Потому и тот же «портрет» В. Астафьева А. Астраханцевым в той же мере выстроен, вычислен, вычерчен, как на чертеже, что и выписан, изображён. И потому, может быть, это и портрет самого А. Астраханцева, того, что он любит, чем восторгается и что не приемлет столь же горячо или с оговорками. Точнее, это только фрагмент автопортрета, ракурс к нему. Более полный можно найти в его замечательной по содержанию и исполнению, рассудочности и эмоциональности книге «Портреты…». В. Астафьев там лишь открывает галерею сибирских самородков в шестнадцать персон, на которые Красноярск так щедр.
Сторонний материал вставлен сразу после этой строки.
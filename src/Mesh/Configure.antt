-- ===== src/Mesh/Configure.antt =====
-- The handlers `configure_mesh` and `disable_mesh` of crates/pier-core/src/api/network.rs. The helpers of
-- the nodes answer through `mesh_call::dispatch`, which is a parameter here.
pub mod Active
use pier.Base.{
  ℕ, Text, Bool, true, false, not, ◌&&◌, ◌||◌, Option, none, some, List, [], ◌∷◌, ◌++◌, codes,
  if◌then◌else◌, text_eq, Result, ok, err, map, update_where, unwrap_or, AppError, bad_request,
  internal,
}
use pier.Mesh.Render.{MeshConfig, Peer, ExternalPeer, as_render_peer, render_wg_conf}
use pier.Mesh.Rows.{PeerRow, MeshDb, load, load_all, load_externals}
use pier.Mesh.Plan.{is_none}

pub data MeshOp : Type 0 where
  install_wireguard generate_keypair up down uninstall : MeshOp
  write_config : Text → MeshOp

-- `MeshOpResult`; of `result` only the text field `public_key` is read.
pub record MeshOpResult : Type 0 where
  pub is_ok : Bool
  pub result : Option (Option Text)
  pub error : Option Text

-- The answer of a node to an operation, or a transport error. No run of a handler sends one operation
-- to one node twice.
abbrev pub Dispatch : Type 0
Dispatch = Text → MeshOp → Result Text MeshOpResult

-- Why a handler ends early: with the reply "aborted", or with an error.
pub data Stop : Type 0 where
  aborted : Stop
  failed : AppError → Stop

abbrev pub set_peers : (PeerRow → PeerRow) → Text → MeshDb → MeshDb
set_peers f id db = record db { peers = update_where (λ r. text_eq r.server_id id) f db.peers }

abbrev pub with_error : Text → PeerRow → PeerRow
with_error msg r = record r { status = codes "error"; error_message = some msg }

unfoldable pub mark_error : Text → Text → MeshDb → MeshDb
mark_error id msg db = set_peers (with_error msg) id db

abbrev pub with_key : Text → PeerRow → PeerRow
with_key k r = record r { public_key = some k; status = codes "keyed"; error_message = none }

abbrev pub with_active : ℕ → PeerRow → PeerRow
with_active now r = record r {
  status = codes "active";
  error_message = none;
  deployed_at = some now;
}

abbrev pub Step : Type 0 → Type 0
Step A = Result Stop A × MeshDb

abbrev pub then_do : {A B : Type 0} → Step A → (A → MeshDb → Step B) → Step B
then_do (ok a, db) f = f a db
then_do (err e, db) f = (err e, db)

abbrev pub store_key : Peer → Option Text → MeshDb → Step Peer
store_key p none db = (err (failed internal), db)
store_key p (some k) db =
    (ok (record p { public_key = some k }), set_peers (with_key k) p.server_id db)

abbrev pub keypair_of : Peer → MeshDb → Option Text → Option (Option Text) → Step Peer
keypair_of p db error none = (
  err aborted,
  mark_error p.server_id
      (codes "generate_keypair: " ++ unwrap_or error (codes "no keypair returned")) db,
)
keypair_of p db error (some v) = store_key p v db

abbrev pub after_keypair : Peer → MeshDb → Result Text MeshOpResult → Step Peer
after_keypair p db (ok r) = keypair_of p db r.error (if r.is_ok then r.result else none)
after_keypair p db (err e) =
    (err aborted, mark_error p.server_id (codes "generate_keypair transport: " ++ e) db)

abbrev pub after_install : Dispatch → Peer → MeshDb → Result Text MeshOpResult → Step Peer
after_install dispatch p db (ok r) =
    if r.is_ok then after_keypair p db (dispatch p.server_id generate_keypair) else (
      err aborted,
      mark_error p.server_id
          (codes "install_wireguard: " ++ unwrap_or r.error (codes "install rejected")) db,
    )
after_install dispatch p db (err e) =
    (err aborted, mark_error p.server_id (codes "install_wireguard transport: " ++ e) db)

-- One round of phase 1: a peer with a key is skipped.
abbrev pub key_peer : Dispatch → Peer → Option Text → MeshDb → Step Peer
key_peer dispatch p (some k) db = (ok p, db)
key_peer dispatch p none db = after_install dispatch p db (dispatch p.server_id install_wireguard)

unfoldable pub key_all : Dispatch → List Peer → MeshDb → Step (List Peer)
unfolding mark_error
key_all dispatch [] db = (ok [], db)
key_all dispatch (p ∷ ps) db =
    then_do (key_peer dispatch p p.public_key db)
      λ q db. then_do (key_all dispatch ps db) λ qs db. (ok (q ∷ qs), db)

abbrev pub after_up : ℕ → Peer → MeshDb → Result Text MeshOpResult → Step (Unit {0})
after_up now p db (ok r) =
    if r.is_ok then (ok tt, set_peers (with_active now) p.server_id db) else (
      err aborted,
      mark_error p.server_id (codes "up: " ++ unwrap_or r.error (codes "up rejected")) db,
    )
after_up now p db (err e) = (err aborted, mark_error p.server_id (codes "up transport: " ++ e) db)

abbrev pub after_write : Dispatch → ℕ → Peer → MeshDb → Result Text MeshOpResult → Step (Unit {0})
after_write dispatch now p db (ok r) =
    if r.is_ok then after_up now p db (dispatch p.server_id up) else (
      err aborted,
      mark_error p.server_id
          (codes "write_config: " ++ unwrap_or r.error (codes "write_config rejected")) db,
    )
after_write dispatch now p db (err e) =
    (err aborted, mark_error p.server_id (codes "write_config transport: " ++ e) db)

-- Phase 2, over the peers, for the configurations that list all of `render_peers`.
unfoldable pub activate_all :
    Dispatch → ℕ → MeshConfig → List Peer → List Peer → MeshDb → Step (Unit {0})
unfolding mark_error render_wg_conf
activate_all dispatch now cfg render_peers [] db = (ok tt, db)
activate_all dispatch now cfg render_peers (p ∷ ps) db =
    then_do
      (after_write dispatch now p db
        (dispatch p.server_id (write_config (render_wg_conf p render_peers cfg))))
      λ _ db. activate_all dispatch now cfg render_peers ps db

-- The reply: whether the overall result is "ok", or an error.
abbrev pub reply : Step (Unit {0}) → Result AppError Bool × MeshDb
reply (ok _, db) = (ok true, db)
reply (err aborted, db) = (ok false, db)
reply (err (failed e), db) = (err e, db)

abbrev pub with_externals : List ExternalPeer → List Peer → List Peer
with_externals externals peers = peers ++ map as_render_peer externals

unfoldable pub provision :
    Dispatch → ℕ → MeshConfig → List ExternalPeer → List Peer → MeshDb → Step (Unit {0})
unfolding key_all activate_all as_render_peer
provision dispatch now cfg externals peers db =
    then_do (key_all dispatch peers db)
      λ keyed db'. activate_all dispatch now cfg (with_externals externals keyed) keyed db'

abbrev pub provision_external :
    Dispatch
    → ℕ
    → MeshDb
    → List Peer
    → Result AppError (List ExternalPeer)
    → Result AppError Bool × MeshDb
provision_external dispatch now db peers (err e) = (err e, db)
provision_external dispatch now db peers (ok externals) =
    reply (provision dispatch now (load db) externals peers db)

abbrev pub provision_loaded :
    Dispatch → ℕ → MeshDb → Result AppError (List Peer) → Result AppError Bool × MeshDb
provision_loaded dispatch now db (err e) = (err e, db)
provision_loaded dispatch now db (ok peers) =
    if is_none peers
    then (err (bad_request "errors.network.no_peers_allocated"), db)
    else provision_external dispatch now db peers (load_externals db)

-- `POST /network/mesh/configure`; the rows come from one snapshot.
unfoldable pub configure_mesh : Dispatch → ℕ → MeshDb → Result AppError Bool × MeshDb
unfolding load load_all load_externals provision
configure_mesh dispatch now db =
    if db.config.enabled
    then provision_loaded dispatch now db (load_all db)
    else (err (bad_request "errors.network.enable_before_configure"), db)

abbrev pub is_answered_ok : Result Text MeshOpResult → Bool
is_answered_ok (ok r) = r.is_ok
is_answered_ok (err e) = false

abbrev all_of : (Peer → Bool) → List Peer → Bool
all_of p [] = true
all_of p (x ∷ xs) = p x && all_of p xs

-- Whether a node has been torn down; the package goes only when it was asked for.
abbrev pub torn_down : Dispatch → Bool → Peer → Bool
torn_down dispatch uninstall_helper p =
    is_answered_ok (dispatch p.server_id down)
    && (not uninstall_helper || is_answered_ok (dispatch p.server_id uninstall))

abbrev pub cleaned : ℕ → MeshDb → MeshDb
cleaned now db = record db {
  config = record (db.config) { enabled = false; updated_at = now };
  peers = [];
}

abbrev pub disable_loaded :
    Dispatch → Bool → ℕ → MeshDb → Result AppError (List Peer) → Result AppError Bool × MeshDb
disable_loaded dispatch uninstall_helper now db (err e) = (err e, db)
disable_loaded dispatch uninstall_helper now db (ok peers) =
    (ok (all_of (torn_down dispatch uninstall_helper) peers), cleaned now db)

-- `POST /network/mesh/disable`: whether the overall result is "ok", or else "partial".
unfoldable pub disable_mesh : Dispatch → Bool → ℕ → MeshDb → Result AppError Bool × MeshDb
unfolding load_all
disable_mesh dispatch uninstall_helper now db =
    disable_loaded dispatch uninstall_helper now db (load_all db)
Но мы не будем говорить сейчас только о ней, памятуя о симбиозе двух главных книг писателя последнего десятилетия, их перетекании из очерка в прозу и обратно, о даре неразличения этих совсем не чуждых друг другу жанров. Очерк и проза тут просто две стороны одного процесса рассказывания о том, что писатель видел, чувствовал, думал, о чём захотел поведать. Причём сейчас же, тотчас, пока не остыло, не умерло, не исчезло: потом уж, постфактум, посмотрим, что же в итоге получилось.
2.
Антимужчина и антиженщина
Трудно, не расспросив самого А. Астраханцева, утверждать, существует ли прототип Кати Ивановой, героини романа «Антимужчина» из одноимённой книги. Скорее всего, писатель бы ответил, что образ это собирательный, тип женщины, «выбившейся из самых низов», «совершенно одна, без чьей-либо помощи и поддержки», она добивается «в жизни определённого успеха». Но почему бы не предположить, что это «литературный портрет» кого-то, кто укрыт под «личиной» Кати, настолько живо и цельно она выглядит. Уж не Виктор ли Петрович Астафьев это, его «женский вариант»? Слишком много родственного у этих двух «самородков»: та же неуёмная сила, целеустремлённость, огромное трудолюбие, но и гордость, нецензурность слов и поступков, и тут же — мужественность, философия победителя, эгоизм плохой и хороший, и ещё успешность, известность, слава, наконец. Удивительно сходно с астафьевским и детство Кати: деревенские корни, пьющий беспутный отец, городская горемычная жизнь в бараке, заставляющая идти учиться в училище — рассадник подростковой жёсткости на грани уголовщины, и при всём этом — тяга к книге, культуре, интеллигентности, всё более явная.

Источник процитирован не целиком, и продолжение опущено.